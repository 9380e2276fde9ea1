-- ===== src/Limits/Tests.antt =====
-- The limiters at a few requests of two clients, and the theorems at them.
use rra_module.Prelude.{
  ℕ, ◌+◌, ◌*◌, ◌≤◌, ◌≡◌, refl, ap, Option, true, false, none, some, List, [], ◌∷◌, arith, Text,
}
use rra_module.Limits.Backend.{
  second, day, Backend, new_backend, get_tokens, set_tokens, increment_counter, cleanup,
}
use rra_module.Limits.Limiters.{
  Verdict, TokenBucketLimiter, SlidingWindowLimiter, RateLimitConfig, RateLimiter, tokens_to_add,
  current_tokens, acquire, check, new_limiter,
}
use rra_module.Limits.Requests.{Request, get_client_key, check_windows, check_rate_limit}
use rra_module.Limits.Window.{
  Event, request, clean, run, ideal_run, let_through, run-ideal_run, run-let_through,
}
use rra_module.Limits.Minute.{let_in, let_in-new_limiter}
use rra_module.Limits.Bucket.{Passes, acquire-retry}
use rra_module.Limits.Burst.{granted, granted-new_backend}

abbrev ann : Text
ann = 97 ∷ []

abbrev bob : Text
bob = 98 ∷ []

abbrev two_a_minute : SlidingWindowLimiter
two_a_minute = record { limit = 2; window = 60 }

-- Ann asks three times within a minute, and once more when the first time is out of the window.
abbrev events : List Event
events =
    request ann 1000000
    ∷ request ann 2000000
    ∷ request bob 3000000
    ∷ request ann 4000000
    ∷ clean 5000000
    ∷ request ann 62500000
    ∷ []

abbrev answers : List Verdict
answers =
    record { allowed = true; remaining = 1; retry_after = 0 }
    ∷ record { allowed = true; remaining = 0; retry_after = 0 }
    ∷ record { allowed = true; remaining = 1; retry_after = 0 }
    ∷ record { allowed = false; remaining = 0; retry_after = 60 }
    ∷ record { allowed = true; remaining = 0; retry_after = 0 }
    ∷ []

events_answered : run two_a_minute events new_backend ≡ answers
unfolding run second day new_backend increment_counter check cleanup
events_answered = refl

run-ideal_run_example : run two_a_minute events new_backend ≡ ideal_run two_a_minute events []
run-ideal_run_example = run-ideal_run two_a_minute events (omega arith) (omega arith)

run-let_through_example :
    let_through (60 * second) ann 4000000 events (run two_a_minute events new_backend) ≤ 2
run-let_through_example =
    run-let_through two_a_minute ann 4000000 events (omega arith) (omega arith)

-- A token a second, and two at most.
abbrev bucket : TokenBucketLimiter
bucket = record { requests_per_minute = 60; bucket_size = 2 }

abbrev spent : Backend
spent = record { tokens = (ann, (0, 1000000)) ∷ []; counters = [] }

spent_by_two : (acquire bucket ann 1 1000000 (acquire bucket ann 1 1000000 new_backend).0).0 ≡ spent
unfolding second new_backend get_tokens set_tokens tokens_to_add current_tokens acquire
spent_by_two = refl

abbrev refusal : Verdict
refusal = record { allowed = false; remaining = 0; retry_after = 2 }

refused_then : acquire bucket ann 1 1500000 spent ≡ (spent, some refusal)
unfolding second get_tokens set_tokens tokens_to_add current_tokens acquire
refused_then = refl

acquire-retry_example :
    Passes (acquire bucket ann 1 3500000 (acquire bucket ann 1 1500000 spent).0).1
unfolding second get_tokens
acquire-retry_example =
    acquire-retry bucket ann 1 1500000 3500000 spent refusal (omega arith) (omega arith)
      (ap (λ (r : Backend × Option Verdict). r.1) refused_then) refl (omega arith)

abbrev requests : List (Text × ℕ)
requests = (ann, 1000000) ∷ (ann, 1000000) ∷ (bob, 1500000) ∷ (ann, 1600000) ∷ (ann, 2000000) ∷ []

three_granted : granted bucket ann requests new_backend ≡ 3
unfolding granted second new_backend get_tokens set_tokens tokens_to_add current_tokens acquire
three_granted = refl

granted-new_backend_example :
    granted bucket ann requests new_backend * (60 * second) ≤ 2 * (60 * second) + 2000000 * 60
granted-new_backend_example =
    granted-new_backend bucket ann 1000000 3000000 requests (omega arith) (omega arith)

abbrev config : RateLimitConfig
config = record {
  requests_per_minute = 60;
  requests_per_hour = 1000;
  requests_per_day = 10000;
  burst_size = 1;
  endpoint_limits = (47 ∷ [], 5) ∷ [];
  exempt_paths = (47 ∷ 100 ∷ []) ∷ [];
}

abbrev configured : RateLimiter
configured = new_limiter config

abbrev asked : Request
asked = record { path = 47 ∷ []; api_key = []; host = some ann; forwarded = [] }

-- The second request, a second later, finds a token again, and 58 of the 60 are left.
asked_twice :
    (check_rate_limit
      (λ t. t)
      (λ t. t)
      asked
      2000000
      (check_rate_limit (λ t. t) (λ t. t) asked 1000000 configured).0).1
    ≡ some (true, some (record { limit = 60; remaining = 58; reset = 62; retry_after = none }))
unfolding second new_backend get_tokens set_tokens increment_counter tokens_to_add current_tokens
    acquire check new_limiter get_client_key check_windows check_rate_limit
asked_twice = refl

-- Of three requests of one client two pass the limits, since the bucket has no token for the second.
abbrev three_asked : List (Request × ℕ)
three_asked = (asked, 1000000) ∷ (asked, 1500000) ∷ (asked, 2000000) ∷ []

two_let_in : let_in (λ t. t) (λ t. t) (105 ∷ 112 ∷ 58 ∷ ann) 2000000 three_asked configured ≡ 2
unfolding let_in second new_backend get_tokens set_tokens increment_counter tokens_to_add
    current_tokens acquire check new_limiter get_client_key check_windows check_rate_limit
two_let_in = refl

let_in-new_limiter_example :
    let_in (λ t. t) (λ t. t) (105 ∷ 112 ∷ 58 ∷ ann) 2000000 three_asked (new_limiter config) ≤ 60
let_in-new_limiter_example =
    let_in-new_limiter (λ t. t) (λ t. t) (105 ∷ 112 ∷ 58 ∷ ann) 2000000 three_asked config
      (omega arith)
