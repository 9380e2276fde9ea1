-- ===== src/Resilience.antt =====
-- src/rra/integration/network_resilience.py, calls of a service that may fail.
pub mod Breaker
pub mod Gate
pub mod Client
pub mod Attempts
pub mod Trials
pub mod Retry
mod Tests
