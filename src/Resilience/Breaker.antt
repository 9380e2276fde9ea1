-- ===== src/Resilience/Breaker.antt =====
-- The circuit breaker of src/rra/integration/network_resilience.py. Times, which the source holds
-- as floats, are whole microseconds; a clock reading is an argument.
use rra_module.Prelude.{ℕ, ◌+◌, Bool, true, false, ltb, leb, if◌then◌else◌}

pub data CircuitState : Type 0 where
  closed open_circuit half_open : CircuitState

pub record CircuitBreakerConfig : Type 0 where
  pub failure_threshold : ℕ
  pub success_threshold : ℕ
  pub timeout : ℕ
  pub half_open_max_calls : ℕ

-- `CircuitBreaker` with its `CircuitBreakerState`.
pub record CircuitBreaker : Type 0 where
  pub config : CircuitBreakerConfig
  pub state : CircuitState
  pub failure_count : ℕ
  pub success_count : ℕ
  pub last_failure_time : ℕ
  pub half_open_calls : ℕ

unfoldable pub new : CircuitBreakerConfig → CircuitBreaker
new config = record {
  config = config;
  state = closed;
  failure_count = 0;
  success_count = 0;
  last_failure_time = 0;
  half_open_calls = 0;
}

-- The property `state`, which may change the state; the result is its field afterwards.
unfoldable pub update_state : ℕ → CircuitBreaker → CircuitBreaker
update_state now b = elim b.state [
  | open_circuit ↦
      if leb (b.last_failure_time + b.config.timeout) now
      then record b { state = half_open; half_open_calls = 0; success_count = 0 }
      else b
  | _ ↦ b
]

unfoldable pub record_success : CircuitBreaker → CircuitBreaker
record_success b = elim b.state [
  | half_open ↦
      if leb b.config.success_threshold (b.success_count + 1)
      then record b { success_count = b.success_count + 1; state = closed; failure_count = 0 }
      else record b { success_count = b.success_count + 1 }
  | closed ↦ record b { failure_count = 0 }
  | open_circuit ↦ b
]

unfoldable pub record_failure : ℕ → CircuitBreaker → CircuitBreaker
record_failure now b =
    let b' = record b { failure_count = b.failure_count + 1; last_failure_time = now } in
    elim b.state [
      | half_open ↦ record b' { state = open_circuit }
      | closed ↦
          if leb b.config.failure_threshold (b.failure_count + 1)
          then record b' { state = open_circuit }
          else b'
      | open_circuit ↦ b'
    ]

-- `allow_request` once the state is up to date.
unfoldable pub admit : CircuitBreaker → CircuitBreaker × Bool
admit b = elim b.state [
  | closed ↦ (b, true)
  | open_circuit ↦ (b, false)
  | half_open ↦
      if ltb b.half_open_calls b.config.half_open_max_calls
      then (record b { half_open_calls = b.half_open_calls + 1 }, true)
      else (b, false)
]

unfoldable pub allow_request : ℕ → CircuitBreaker → CircuitBreaker × Bool
unfolding update_state admit
allow_request now b = admit (update_state now b)

unfoldable pub reset : CircuitBreaker → CircuitBreaker
unfolding new
reset b = new b.config
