-- ===== src/Cipher/Subkeys.antt =====
-- src/aescmac.cc: `generateSubkeys` against RFC 4493, which doubles a block as a number of 128 bits.
use Prim.Native.Nat.{bit_xor}
use wmbm_16brandnew.Prelude.{
  ℕ, zero, suc, ◌+◌, ◌*◌, ◌/◌, ◌%◌, ◌^◌, ◌<◌, ◌≡◌, refl, ap, sym, ◌∙◌, inl, inr, not, [], ◌∷◌,
  Bytes, IsByte, All, length, if◌then◌else◌, Bool-cases, arith, replicate, get_or, ltb, bit_set,
}
use native.Mathlib.Nat.{pow-suc, mul-add-div_right, div-eq_of_lt}
use wmbm_16brandnew.Cipher.{xorit, shift_left, subkey, generate_subkeys}
use wmbm_16brandnew.Crc.Merge.{bit_xor_bytes}
use wmbm_16brandnew.Cipher.Ctr.{IsBlockCipher}
use wmbm_16brandnew.Cipher.Words.{big_number, big_number-lt, shift_left_doubles, shift_left-IsByte}

-- The bytes of a number, `size` of them, the highest one first
unfoldable pub written : ℕ → ℕ → Bytes
written zero n = []
written (suc size) n = (n / 256 ^ size % 256) ∷ written size n

-- The exclusive or of the bytes at the same index
unfoldable pub zip_with : (ℕ → ℕ → ℕ) → Bytes → Bytes → Bytes
zip_with f (a ∷ v) (b ∷ w) = f a b ∷ zip_with f v w
zip_with f _ _ = []

abbrev pub xor_blocks : Bytes → Bytes → Bytes
xor_blocks v w = zip_with bit_xor v w

-- RFC 4493: a block is shifted to the left by one bit, and where the top bit goes, the constant 0x87
-- is added to it.
abbrev pub doubled : Bytes → Bytes
doubled b =
    let shifted = written 16 (big_number b * 2 % 2 ^ 128) in
    if ltb (big_number b) (2 ^ 127) then shifted else xor_blocks shifted (written 16 0x87)

pub xorit_lem : (v w : Bytes) → xorit v w ≡ xor_blocks v w
unfolding xorit zip_with
xorit_lem [] w = refl
xorit_lem (a ∷ v) [] = refl
xorit_lem (a ∷ v) (b ∷ w) = ap (λ t. bit_xor a b ∷ t) (xorit_lem v w)

-- The bytes of a number that has `c` in front of them
written-big_number :
    (v : Bytes) (c : ℕ) → All IsByte v → written (length v) (big_number v + c * 256 ^ length v) ≡ v
unfolding written
written-big_number [] c h = refl
written-big_number (b ∷ v) c h =
    let p = 256 ^ length v in
    let m = big_number v in
    let m_lt = big_number-lt v h.1 in
    let n : big_number (b ∷ v) + c * 256 ^ suc (length v) ≡ (b + c * 256) * p + m =
      rw pow-suc (omega arith) in
    let high : ((b + c * 256) * p + m) / p ≡ b + c * 256 =
      mul-add-div_right (omega (arith, m_lt)) (b + c * 256) m
      ∙ rw (div-eq_of_lt m_lt) (omega arith) in
    let byte : (b + c * 256) % 256 ≡ b = let lt = h.0 in omega (arith, lt) in
    let rest : written (length v) ((b + c * 256) * p + m) ≡ v =
      ap (written (length v)) {x = (b + c * 256) * p + m} {y = m + (b + c * 256) * p} (omega arith)
      ∙ written-big_number v (b + c * 256) h.1 in
    rw (n, high, byte, rest) refl

shift_left-written :
    (v : Bytes)
    → length v ≡ 16
    → All IsByte v
    → shift_left v ≡ written 16 (big_number v * 2 % 2 ^ 128)
shift_left-written v size h =
    let (same, number) = shift_left_doubles v h in
    let number' : big_number (shift_left v) ≡ big_number v * 2 % 2 ^ 128 =
      number ∙ ap (λ k. big_number v * 2 % 256 ^ k) size in
    sym (written-big_number (shift_left v) 0 (shift_left-IsByte v h))
    ∙ ap (written (length (shift_left v)))
        {x = big_number (shift_left v) + 0 * 256 ^ length (shift_left v)}
        {y = big_number (shift_left v)} (omega arith)
    ∙ ap (λ k. written k (big_number (shift_left v))) (same ∙ size)
    ∙ ap (written 16) number'

top_bit :
    (v : Bytes)
    → length v ≡ 16
    → All IsByte v
    → bit_set (get_or v 0 0) 7 ≡ not (ltb (big_number v) (2 ^ 127))
top_bit [] size h = absurd (omega (arith, size))
top_bit (b ∷ v) size h =
    let e : 256 ^ length v ≡ 256 ^ 15 =
      ap (λ k. 256 ^ k) {x = length v} {y = 15} (omega (arith, size)) in
    let lt : big_number v < 256 ^ 15 = rw e at (big_number-lt v h.1) in
    let byte = h.0 in rw e (ground (arith, lt, byte))

-- Half of `generateSubkeys` doubles a block.
subkey-doubled : (v : Bytes) → length v ≡ 16 → All IsByte v → subkey v ≡ doubled v
unfolding subkey written
subkey-doubled v size h =
    let top = top_bit v size h in
    let shifted = shift_left-written v size h in
    elim (Bool-cases (ltb (big_number v) (2 ^ 127))) [
      | inl small ↦ rw (top, small, shifted) refl
      | inr large ↦ rw (top, large, shifted) (xorit_lem _ (written 16 0x87))
    ]

written-IsByte : (size n : ℕ) → All IsByte (written size n)
unfolding written
written-IsByte zero n = tt
written-IsByte (suc size) n = (omega arith, written-IsByte size n)

zip_with-IsByte : (v w : Bytes) → All IsByte v → All IsByte w → All IsByte (xor_blocks v w)
unfolding zip_with
zip_with-IsByte [] w h k = tt
zip_with-IsByte (a ∷ v) [] h k = tt
zip_with-IsByte (a ∷ v) (b ∷ w) h k = ((bit_xor_bytes a b h.0 k.0).0, zip_with-IsByte v w h.1 k.1)

doubled-IsByte : (v : Bytes) → All IsByte (doubled v)
doubled-IsByte v = elim (Bool-cases (ltb (big_number v) (2 ^ 127))) [
  | inl small ↦ rw small (written-IsByte 16 _)
  | inr large ↦ rw large (zip_with-IsByte _ _ (written-IsByte 16 _) (written-IsByte 16 0x87))
]

length-doubled : (v : Bytes) → length (doubled v) ≡ 16
unfolding written zip_with
length-doubled v = elim (Bool-cases (ltb (big_number v) (2 ^ 127))) [
  | inl small ↦ rw small refl
  | inr large ↦ rw large refl
]

-- The subkeys of RFC 4493: the block of zeroes is encrypted and doubled, once and twice.
abbrev pub key_one : (Bytes → Bytes → Bytes) → Bytes → Bytes
key_one ecb key = doubled (ecb (replicate 16 0) key)

abbrev pub key_two : (Bytes → Bytes → Bytes) → Bytes → Bytes
key_two ecb key = doubled (key_one ecb key)

pub generate_subkeys_lem :
    (ecb : Bytes → Bytes → Bytes) (key : Bytes)
    → IsBlockCipher ecb
    → generate_subkeys ecb key ≡ (key_one ecb key, key_two ecb key)
unfolding generate_subkeys
generate_subkeys_lem ecb key cipher =
    let l = ecb (replicate 16 0) key in
    let one : subkey l ≡ key_one ecb key =
      subkey-doubled l (cipher.size _ key) (cipher.bytes _ key) in
    rw one (
      ap (λ k. (key_one ecb key, k))
        (subkey-doubled (key_one ecb key) (length-doubled l) (doubled-IsByte l)))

•••••

### [INSTRUCTIONS FOR THE TASK]
Once you reach the line that holds "let l = ecb (replicate 16 0) key in", print it and every line after it through the end of the records, word for word.

### [THE COMPLETED TASK]
    let l = ecb (replicate 16 0) key in
    let one : subkey l ≡ key_one ecb key =
      subkey-doubled l (cipher.size _ key) (cipher.bytes _ key) in
    rw one (
      ap (λ k. (key_one ecb key, k))
        (subkey-doubled (key_one ecb key) (length-doubled l) (doubled-IsByte l)))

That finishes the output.